Problem is that this comment from the GG appears to support the Government not condemn it as dickhead dean did.

Posted by: lawrie at June 9, 2004 at 01:54 PM

One day, in a past career, long ago, I worked with a Loans Officer in a Bank. He was interviewing a client who was guarantor for a loan.

When the person was advised that his security was to be called up (the borrowers were approx 12 months in arrears to 2 seperate organisations), he exploded - and then threw his ARTIFICIAL EAR on the desk and walked out of the office in a rage.

The Loans Officer nearly threw up.

The matter was resolved in a much more amicable matter later.

Posted by: DaveACT at June 9, 2004 at 04:03 PM

My Grandfather has a glass eye, I think he needs to hear your glass eye story to feel less alone. He himself, has many glass eye stories but none involve Jamie Lee Curtis Curtis, or indeed any minor member of the British aristocracy.

Posted by: Emily at June 9, 2004 at 05:08 PM

It once spontaneously left his head when he met Jamie Lee Curtis.

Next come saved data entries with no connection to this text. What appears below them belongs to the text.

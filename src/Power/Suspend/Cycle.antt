-- ===== src/Power/Suspend/Cycle.antt =====
-- A device that answers: a suspend and the resume after it bring the controller back to M0.
use mhi_for_quectel_modem.Base.{ℕ, false, ◌≡◌, refl, arith, if◌then◌else◌}
use mhi_for_quectel_modem.Regs.{Device, lpm_enter, lpm_exit}
use mhi_for_quectel_modem.Pm.State.{PmState, m0, m3_enter, m3, m3_exit, tryset_pm_state}
use mhi_for_quectel_modem.DevState
use mhi_for_quectel_modem.Ctrl.{Ctrl, ok, tryset}
use mhi_for_quectel_modem.Wait.{Wait, IsWait}
use mhi_for_quectel_modem.Wake.{assert_dev_wake, deassert_dev_wake}
use mhi_for_quectel_modem.Wake.Count.{count-assert, count-deassert}
use mhi_for_quectel_modem.Power.{m0_transition, m3_transition, set_mhi_state}
use mhi_for_quectel_modem.Power.Moves.{
  m0_transition_lem, m3_transition_lem, SameState-assert, SameState-deassert,
}
use mhi_for_quectel_modem.Power.Suspend.Results.{notify_lpm-same}
use mhi_for_quectel_modem.Power.Suspend.{notify_lpm, enter_m3, pm_suspend, pm_resume}

-- What the control event ring's handler does while a thread waits, once the device has announced
-- the state that it was asked for.
answer : PmState → Ctrl → Ctrl
answer m3_enter c = (m3_transition c).0
answer m3_exit c = (m0_transition c).0
answer _ c = c

-- A wait during which the device answers; the condition is then evaluated once.
unfoldable pub answered : Wait
unfolding answer
answered cond s =
    let (t, b) = cond (record s { ctrl = answer s.ctrl.pm_state s.ctrl }) in (t, if b then 1 else 0)

-- It is a wait by the contract.
pub answered-IsWait : IsWait answered
unfolding answered
answered-IsWait cond s = (record s { ctrl = answer s.ctrl.pm_state s.ctrl }, ground arith)

m3_from_enter :
    (c : Ctrl)
    → c.pm_state ≡ m3_enter
    → let c' = (m3_transition c).0 in (c'.pm_state ≡ m3) × (c'.dev_state ≡ DevState.m3)
unfolding m3_transition tryset tryset_pm_state
m3_from_enter c h = ground arith

-- An M0 controller that nobody holds and that has no packets in flight.
pub record IsIdle (c : Ctrl) : Type 0 where
  pub up : c.pm_state ≡ m0
  pub device_up : c.dev_state ≡ DevState.m0
  pub released : c.dev_wake ≡ 0
  pub drained : c.pending_pkts ≡ 0

-- Asking the device for a state changes nothing but the log.
set_mhi_state-same :
    (dev : Device) (c : Ctrl) (state : ℕ)
    → ((set_mhi_state dev c state).pm_state ≡ c.pm_state)
      × ((set_mhi_state dev c state).dev_wake ≡ c.dev_wake)
      × ((set_mhi_state dev c state).pending_pkts ≡ c.pending_pkts)
unfolding set_mhi_state
set_mhi_state-same dev c state = (refl, refl, refl)

enter_m3_cycle :
    (dev : Device) (c : Ctrl)
    → IsIdle c
    → let (c', ret) = enter_m3 dev answered c in
      (ret ≡ ok) × (c'.pm_state ≡ m3) × (c'.dev_state ≡ DevState.m3) × (c'.dev_wake ≡ 0)
unfolding enter_m3 answered tryset tryset_pm_state
enter_m3_cycle dev c v =
    let c₁ = set_mhi_state dev (tryset m3_enter c) DevState.m3 in
    let c₂ = (m3_transition c₁).0 in
    ground (
      arith,
      set_mhi_state-same dev (tryset m3_enter c) DevState.m3,
      m3_from_enter c₁,
      m3_transition_lem c₁,
      notify_lpm-same lpm_enter c₂.lpm_chans c₂,
    )

suspend_cycle :
    (dev : Device) (c : Ctrl)
    → IsIdle c
    → let (c', ret) = pm_suspend dev answered c in
      (ret ≡ ok) × (c'.pm_state ≡ m3) × (c'.dev_state ≡ DevState.m3) × (c'.dev_wake ≡ 0)
unfolding pm_suspend answered
suspend_cycle dev c v =
    let c₁ = assert_dev_wake c false in
    let c₂ = deassert_dev_wake c₁ false in
    ground (
      arith,
      SameState-assert c false,
      count-assert c false,
      SameState-deassert c₁ false,
      count-deassert c₁ false,
      enter_m3_cycle dev c₂,
    )

resume_cycle :
    (dev : Device) (c : Ctrl)
    → c.pm_state ≡ m3
    → c.dev_wake ≡ 0
    → let (c', ret) = pm_resume dev answered c in
      (ret ≡ ok) × (c'.pm_state ≡ m0) × (c'.dev_state ≡ DevState.m0) × (c'.dev_wake ≡ 0)
unfolding pm_resume answered tryset tryset_pm_state
resume_cycle dev c h w =
    let c₀ = notify_lpm lpm_exit c.lpm_chans c in
    let c₁ = set_mhi_state dev (tryset m3_exit c₀) DevState.m0 in
    ground (
      arith,
      notify_lpm-same lpm_exit c.lpm_chans c,
      set_mhi_state-same dev (tryset m3_exit c₀) DevState.m0,
      m0_transition_lem c₁,
    )

-- With a device that answers, an idle controller in M0 is suspended to M3 with result 0, and the
-- resume after that brings it back to M0 with result 0; nobody holds the device at any of the ends.
pub suspend_resume_cycle :
    (dev : Device) (c : Ctrl)
    → IsIdle c
    → let (c₁, ret₁) = pm_suspend dev answered c in
      let (c₂, ret₂) = pm_resume dev answered c₁ in
      ((ret₁ ≡ ok) × (c₁.pm_state ≡ m3) × (c₁.dev_state ≡ DevState.m3) × (c₁.dev_wake ≡ 0))
      × ((ret₂ ≡ ok) × (c₂.pm_state ≡ m0) × (c₂.dev_state ≡ DevState.m0) × (c₂.dev_wake ≡ 0))
suspend_resume_cycle dev c v =
    let asleep = suspend_cycle dev c v in
    (asleep, resume_cycle dev (pm_suspend dev answered c).0 asleep.1 asleep.3)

I always thought you could put your eye out with one of those. Nice to have the suspicion confirmed.

Posted by: Slartibartfast at June 10, 2004 at 01:29 AM

Slartibartfast : OK! I'm not the only one who has fantasies...LOL

Posted by: DaninVan at June 10, 2004 at 04:52 AM

David's story reminds me of a gal I once knew only through a chat room, who also had a glass eye. We had decided to finally meet at a bar.

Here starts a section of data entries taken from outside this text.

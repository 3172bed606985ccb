-- ===== src/Power/Sync.antt =====
-- The client's synchronous wake-up, and the forced RDDM mode (drivers/bus/mhi/core/pm.c).
use mhi_for_quectel_modem.Base.{ℕ, ◌+◌, ◌^◌, ◌<◌, Bool, ◌==◌, if◌then◌else◌, ◌≡◌, ◌⊎◌, arith}
use mhi_for_quectel_modem.Regs.{Device}
use mhi_for_quectel_modem.DevState
use mhi_for_quectel_modem.Ee
use mhi_for_quectel_modem.Ctrl.{Ctrl, Code, ok, err, eio}
use mhi_for_quectel_modem.Wake.{inc}
use mhi_for_quectel_modem.Wait.{Wait, Condition, IsWait}
use mhi_for_quectel_modem.Power.{set_mhi_state}
use mhi_for_quectel_modem.Power.Suspend.{until, waiting, get_sync}
use mhi_for_quectel_modem.Power.Suspend.Results.{get_sync-count, holds}

-- `mhi_device_get_sync`, with the count of the client device.
unfoldable pub device_get_sync : Device → Wait → Ctrl → ℕ → Ctrl × ℕ × Code
device_get_sync dev wait c dev_wake =
    let (c', ret) = get_sync dev wait c in
    elim ret [ ok ↦ (c', inc dev_wake, ok) | err e ↦ (c', dev_wake, err e) ]

abbrev is_rddm : Ctrl → Bool
is_rddm c = c.ee == Ee.rddm

-- `mhi_force_rddm_mode`
unfoldable pub force_rddm_mode : Device → Wait → Ctrl → Ctrl × Code
force_rddm_mode dev wait c =
    if is_rddm c
    then (c, ok)
    else (let (s, ret) = wait (until is_rddm) (waiting (set_mhi_state dev c DevState.sys_err)) in
        (s.ctrl, if ret == 0 then err eio else ok))

-- Where the other threads leave the wake count alone during the wait and one more reference
-- overflows neither count, `mhi_device_get_sync` moves the client's count and the controller's
-- together: both by one when it returns 0, neither when it fails (EIO).
pub device_get_sync-count :
    (dev : Device) (wait : Wait) (c : Ctrl) (dev_wake : ℕ)
    → c.dev_wake + 1 < 2 ^ 32
    → dev_wake + 1 < 2 ^ 32
    → ((cond : Condition) (s : _) → (wait cond s).0.ctrl.dev_wake ≡ s.ctrl.dev_wake)
    → let (c', dev_wake', ret) = device_get_sync dev wait c dev_wake in
      ((ret ≡ ok) × (c'.dev_wake ≡ c.dev_wake + 1) × (dev_wake' ≡ dev_wake + 1))
      ⊎ ((ret ≡ err eio) × (c'.dev_wake ≡ c.dev_wake) × (dev_wake' ≡ dev_wake))
unfolding device_get_sync
device_get_sync-count dev wait c dev_wake h k frozen =
    ground (arith, get_sync-count dev wait c h frozen)

-- With a wait that keeps its contract, `mhi_force_rddm_mode` returns 0 only with the device in
-- RDDM.
pub force_rddm_mode_ok :
    (dev : Device) (wait : Wait) (law : IsWait wait) (c : Ctrl)
    → (force_rddm_mode dev wait c).1 ≡ ok
    → (force_rddm_mode dev wait c).0.ee ≡ Ee.rddm
unfolding force_rddm_mode
force_rddm_mode_ok dev wait law c h =
    ground (arith, holds dev wait law is_rddm (waiting (set_mhi_state dev c DevState.sys_err)))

She said "How will I know you?"

I said "I'll wear a red carnation, like in the movies. How will I know you?"

She said "I'll keep an eye out for you"

Posted by: Ken Summers at June 10, 2004 at 06:11 AM

Wow. I sure shut this conversation down.

Posted by: Ken Summers at June 11, 2004 at 03:57 PM

I'll resume this rather macabre conversation about glass eyes.

Back in the 80's there was a guy who lived not too far from my family by the last name of Weiner (his son used to insist that it was pronounced "wine-er," which didn't help much, since he was a sniveling little whiner, but I digress) who had a glass eye. He thought it the height of hilarity to horrify the neighborhood children by taking out said glass eye and showing them his gaping, empty eye socket. Sadly, I never witnessed the spectacle. On second thought, "sadly" may be the wrong word for it...

Posted by: Sean M. at June 11, 2004 at 07:19 PM

Actually I swiped the idea from a book by Carl Hiassen. Who says liberals can't do useful work?